Survey of the extracellular matrix architecture across the rat arterial tree

OBJECTIVE: To understand arterial remodeling and the pathophysiology of arterial diseases, it is necessary to understand the baseline qualities and variations in arterial structure. Arteries could differ in wall thickness, laminar structure, and laminar fenestration depending on their position within the arterial tree. We endeavored to evaluate and compare the extracellular matrix structure of different arteries throughout the arterial tree, from the aorta to the adductor muscle arteriole, with a particular focus on the internal elastic lamina (IEL). METHODS: Arterial segments were harvested from male Sprague-Dawley rats and imaged using multiple modalities.
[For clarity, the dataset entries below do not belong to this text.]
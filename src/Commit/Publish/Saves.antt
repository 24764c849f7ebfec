-- ===== src/Commit/Publish/Saves.antt =====
-- What the commits that `gen_new_commit` of server/repo-op.c saves are, and that they are stored.
use mathlib.Core.Path.{subst}
use seafile_server.Base.{
  ℕ, ◌≤◌, ◌≡◌, refl, sym, ap, ◌∙◌, Bool, true, false, Option, none, some, List, CString, codes,
  if_rule, str_eq, arith, length, take, take-all,
}
use seafile_server.Hex.{rawdata_to_hex}
use seafile_server.Hex.RoundTrip.{length-rawdata_to_hex}
use seafile_server.Fs.{Objects}
use seafile_server.Merge.{MergeEnv, MergeState, Rc, success, failure, out_of_fuel}
use seafile_server.Branch.{Branch, branch_new}
use seafile_server.Commit.{
  Commit, Repo, Commits, compute_commit_id, commit_new, repo_to_commit, add_commit,
}
use seafile_server.Commit.Stores.{add_commit-keeps, add_commit_there}
use seafile_server.Commit.Publish.Repos.{get_repo-Read}
use seafile_server.Commit.Publish.{
  World, PublishEnv, Change, Refusal, get_repo, save_commit, saved_commit, merged_commit,
  after_merge, merge_with_head, new_commit_of,
}

-- A commit of the library is stored under the id.
abbrev pub Has : CString → World → CString → Type 0
Has repo_id w id = (c : Commit) × (w.commits repo_id id ≡ some c)

-- The branch has a head, which is stored.
abbrev pub HeadStored : CString → World → Type 0
HeadStored repo_id w =
    (row : CString) × (w.branches.heads repo_id (codes "master") ≡ some row)
    × Has repo_id w (take 40 row)

-- A commit of the library with a whole id.
abbrev pub IsOf : CString → Commit → Type 0
IsOf repo_id c = (c.repo_id ≡ repo_id) × (take 40 c.commit_id ≡ c.commit_id)

-- The library is the one asked for, with its branch "master".
abbrev pub IsLoaded : CString → Repo → Type 0
IsLoaded repo_id repo =
    (repo.id ≡ repo_id) × (repo.head.repo_id ≡ repo_id) × (repo.head.name ≡ codes "master")

-- The head is stored, and so are the new commit and the commit to be published, if there is one.
abbrev pub Good : CString → CString → (Option Refusal × World) × Commit → Type 0
Good repo_id new_id r =
    HeadStored repo_id r.0.1
    × (r.0.0 ≡ none → Has repo_id r.0.1 new_id × Has repo_id r.0.1 r.1.commit_id × IsOf repo_id r.1)

hex-size : (raw : List ℕ) → length raw ≡ 20 → length (rawdata_to_hex raw) ≡ 40
hex-size raw h = omega (arith, length-rawdata_to_hex raw, h)

module _ (E : PublishEnv) where
  pub get_repo-IsLoaded :
      (w : World) (repo_id : CString) (repo : Repo)
      → get_repo E w repo_id ≡ some repo
      → IsLoaded repo_id repo
  unfolding branch_new
  get_repo-IsLoaded w repo_id repo h =
      let read = get_repo-Read E w repo_id repo h in
      (
        read.own_id,
        ap (λ (b : Branch). b.repo_id) read.head ∙ take-all 36 repo_id read.short,
        ap (λ (b : Branch). b.name) read.head,
      )

  module _ (change : Change) (repo_id : CString) (short : length repo_id ≤ 36)
      (sha1_size : (bytes : List ℕ) → length (E.sha1 bytes) ≡ 20) where
    compute_commit_id-size : (c : Commit) → length (compute_commit_id E.sha1 c) ≡ 40
    unfolding compute_commit_id
    compute_commit_id-size c = hex-size _ (sha1_size _)

    commit_new-IsOf :
        (time : ℕ) (root user desc : CString)
        → IsOf repo_id (commit_new E.sha1 time repo_id root user desc)
    unfolding commit_new
    commit_new-IsOf time root user desc =
        (take-all 36 repo_id short, take-all 40 _ (omega (arith, compute_commit_id-size _)))

    commit_new-IsOf_loaded :
        (repo : Repo) (time : ℕ) (root user desc : CString)
        → repo.id ≡ repo_id
        → IsOf repo_id (commit_new E.sha1 time repo.id root user desc)
    commit_new-IsOf_loaded repo time root user desc own =
        subst (λ (i : CString). IsOf repo_id (commit_new E.sha1 time i root user desc)) (sym own)
          (commit_new-IsOf time root user desc)

    merged_commit-IsOf :
        (repo : Repo) (current_head new_commit : Commit) (objects : Objects) (conflict : Bool)
        (root : CString) (time : ℕ)
        → repo.id ≡ repo_id
        → IsOf repo_id
            (merged_commit E change repo current_head new_commit objects conflict root time)
    unfolding merged_commit repo_to_commit
    merged_commit-IsOf repo current_head new_commit objects conflict root time own =
        commit_new-IsOf_loaded repo time root change.user _ own

    pub new_commit_of-IsOf :
        (repo : Repo) (desc : CString)
        → repo.id ≡ repo_id
        → IsOf repo_id (new_commit_of E change repo desc)
    unfolding new_commit_of repo_to_commit
    new_commit_of-IsOf repo desc own =
        commit_new-IsOf_loaded repo (E.now 0) change.new_root change.user desc own

    saved_commit-Good :
        (w : World) (c : Commit) (new_id : CString) (r : Bool × Commits)
        → IsOf repo_id c
        → HeadStored repo_id w
        → ((i : CString) → Has repo_id w i → Has repo_id (record w { commits = r.1 }) i)
        → (r.0 ≡ true
            → Has repo_id (record w { commits = r.1 }) c.commit_id
              × Has repo_id (record w { commits = r.1 }) new_id)
        → Good repo_id new_id (saved_commit E change w c r)
    saved_commit-Good w c new_id (true, commits) is_of (row, there, has) keeps done = (
      (row, there, keeps (take 40 row) has),
      λ h. let (stored, new) = done refl in (new, stored, is_of),
    )
    saved_commit-Good w c new_id (false, commits) is_of head keeps done = (head, λ h. cc)

    add-Has :
        (ok : Bool) (w : World) (c : Commit) (i : CString)
        → Has repo_id w i
        → Has repo_id (record w { commits = (add_commit ok c w.commits).1 }) i
    add-Has ok w c i (x, h) = (x, add_commit-keeps ok c w.commits repo_id i h)

    add-there :
        (ok : Bool) (w : World) (c : Commit)
        → c.repo_id ≡ repo_id
        → (add_commit ok c w.commits).0 ≡ true
        → Has repo_id (record w { commits = (add_commit ok c w.commits).1 }) c.commit_id
    add-there ok w c own h =
        subst
          (λ (r : CString). (x : Commit) × ((add_commit ok c w.commits).1 r c.commit_id ≡ some x))
          own (add_commit_there ok c w.commits h)

    -- A commit of a merge is saved after the new commit.
    save_merged-Good :
        (w : World) (c : Commit) (new_id : CString)
        → IsOf repo_id c
        → HeadStored repo_id w
        → Has repo_id w new_id
        → Good repo_id new_id (save_commit E change w c)
    unfolding save_commit
    save_merged-Good w c new_id is_of head has =
        let ok = E.commit_write_ok c.commit_id in
        saved_commit-Good w c new_id (add_commit ok c w.commits) is_of head (add-Has ok w c)
          (λ h. (add-there ok w c is_of.0 h, add-Has ok w c new_id has))

    pub save_new-Good :
        (w : World) (c : Commit)
        → IsOf repo_id c
        → HeadStored repo_id w
        → Good repo_id c.commit_id (save_commit E change w c)
    unfolding save_commit
    save_new-Good w c is_of head =
        let ok = E.commit_write_ok c.commit_id in
        saved_commit-Good w c c.commit_id (add_commit ok c w.commits) is_of head (add-Has ok w c)
          (λ h. (add-there ok w c is_of.0 h, add-there ok w c is_of.0 h))

    after_merge-Good :
        (M : MergeEnv) (w : World) (repo : Repo) (current_head new_commit : Commit) (time : ℕ)
        (r : Rc × MergeState M)
        → repo.id ≡ repo_id
        → HeadStored repo_id w
        → Has repo_id w new_commit.commit_id
        → Good repo_id new_commit.commit_id
            (after_merge E change M w repo current_head new_commit time r)
    after_merge-Good M w repo current_head new_commit time (failure, s) own head has =
        (head, λ h. cc)
    after_merge-Good M w repo current_head new_commit time (out_of_fuel, s) own head has =
        (head, λ h. cc)
    after_merge-Good M w repo current_head new_commit time (success, s) own head has =
        save_merged-Good (record w { objects = s.objects })
          (merged_commit E change repo current_head new_commit s.objects s.conflict
            s.merged_tree_root time)
          new_commit.commit_id
          (merged_commit-IsOf repo current_head new_commit s.objects s.conflict s.merged_tree_root
            time own)
          head has

    pub merge_with_head-Good :
        (w : World) (repo : Repo) (current_head new_commit : Commit) (time : ℕ)
        → repo.id ≡ repo_id
        → IsOf repo_id new_commit
        → HeadStored repo_id w
        → Has repo_id w new_commit.commit_id
        → Good repo_id new_commit.commit_id
            (merge_with_head E change w repo current_head new_commit time)
    unfolding merge_with_head
    merge_with_head-Good w repo current_head new_commit time own is_of head has =
        if_rule (Good repo_id new_commit.commit_id)
          (str_eq change.base.commit_id current_head.commit_id) ((none, w), new_commit) _
          (head, λ h. (has, has, is_of))
          (after_merge-Good _ w repo current_head new_commit time _ own head has)
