-- ===== src/Journal.antt =====
-- The event journal of internal/engine/runtime.go: `emit` and `failEventPipeline`. The mutex
-- `emitMu` makes a call of `emit` one step.
pub mod Sequence
use ergo_agent.Prelude.{
  ℕ, ◌+◌, ◌%◌, ◌^◌, String, Bool, true, false, Option, none, some, List, [], ◌∷◌, ◌++◌,
}
use ergo_agent.Json.{Fields}

-- What a hook returns: the payload as it leaves it, or an error.
pub data Hooked : Type 0 where
  passed : Fields → Hooked
  failed : String → Hooked

-- `OnEvent` and `Action` of an extension, where it has them.
pub record Extension : Type 0 where
  pub on_event : Option (String → Fields → Hooked)
  pub action : Option (String → Fields → Hooked)

pub record Event : Type 0 where
  pub kind : String
  pub sequence : ℕ
  pub payload : Fields

pub record Journal : Type 0 where
  pub event_err : Option String
  pub sequence : ℕ
  pub cancelled : Bool
  pub delivered : List Event

abbrev pub new_journal : Journal
new_journal = record { event_err = none; sequence = 0; cancelled = false; delivered = [] }

abbrev pub run_hook : Option (String → Fields → Hooked) → String → Fields → Hooked
run_hook none kind payload = passed payload
run_hook (some hook) kind payload = hook kind payload

abbrev pub then_hook : Hooked → (Fields → Hooked) → Hooked
then_hook (passed payload) next = next payload
then_hook (failed err) next = failed err

-- The loop over the extensions.
pub run_extensions : List Extension → String → Fields → Hooked
run_extensions [] kind payload = passed payload
run_extensions (x ∷ extensions) kind payload =
    then_hook (run_hook x.on_event kind payload)
      λ p. then_hook (run_hook x.action kind p) λ q. run_extensions extensions kind q

-- `cancel` is always there: RunWithOptions sets it before anything is emitted.
unfoldable pub fail_event_pipeline : String → Journal → Journal
fail_event_pipeline err j = record j { event_err = some err; cancelled = true }

-- `sink` is the host's; an event that it takes without an error is delivered.
module _ (extensions : List Extension) (sink : Event → Option String) where
  pub deliver : Hooked → String → Journal → Journal × Option String
  deliver (failed err) kind j = (fail_event_pipeline err j, some err)
  deliver (passed payload) kind j =
      let event : Event = record { kind = kind; sequence = j.sequence; payload = payload } in
      elim (sink event) [
        | some err ↦ (fail_event_pipeline err j, some err)
        | none ↦ (record j { delivered = j.delivered ++ event ∷ [] }, none)
      ]

  -- The body of `emit` at the value of `eventErr`. The sequence number is a uint64.
  pub emit_at : Option String → String → Fields → Journal → Journal × Option String
  emit_at (some err) kind payload j = (j, some err)
  emit_at none kind payload j =
      deliver (run_extensions extensions kind payload) kind
        (record j { sequence = (j.sequence + 1) % 2 ^ 64 })

  unfoldable pub emit : String → Fields → Journal → Journal × Option String
  unfolding emit_at deliver fail_event_pipeline run_extensions
  emit kind payload j = emit_at j.event_err kind payload j

  -- The calls of a run, in the order in which they take the mutex, with what each returns.
  unfoldable pub emit_all : List (String × Fields) → Journal → Journal × List (Option String)
  emit_all [] j = (j, [])
  emit_all ((kind, payload) ∷ events) j =
      let (j', err) = emit kind payload j in
      let (j'', errs) = emit_all events j' in (j'', err ∷ errs)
En face scans by multiphoton microscopy were used to compare native-state adventitial collagen undulation and IEL fenestration. RESULTS: Collagen undulation was similar across most examined arteries but straighter in the skeletal muscle arterioles (P < .05). The elastic lamellae showed several differences. The IEL fenestrae were similar in average size among abdominal aorta and celiac, renal, common iliac, and common femoral arteries (range, 14-24 μm(2)), with wide within-vessel variance (square of the standard deviation, 462-1904 μm(4)). However, they tended to be smaller (9.08 μm(2)) and less variable (square of the standard deviation, 88.3 μm(4)) in the popliteal artery. Fenestrae were greater in number in the superior mesenteric artery (SMA; 6686/mm(2); P < .05) and profunda femoris artery (PFA; 11,042/mm(2); P < .05) compared with the other examined vessels, which ranged in surface density from 3143/mm(2) to 4362/mm(2). The SMA and PFA also showed greater total fenestration as a proportion of the IEL surface area (SMA, 15.04%; P < .05; PFA, 24.11%; P < .001) than the other examined arteries (range of means, 4.7%-9.4%). The arteriolar IEL was structurally distinct, comparable to a low-density wireframe. Other structural differences were also noted, including differences in the number of medial lamellae along the arterial tree. CONCLUSIONS: We found that vessels at different locations along the arterial tree differ in structure. The SMA, PFA, and intramuscular arterioles have fundamental differences in the extracellular matrix structure compared with other arteries. Location-specific features such as the medial lamellae number and elastic laminar structure might have relevance to physiology and confer vulnerabilities to the development of pathology.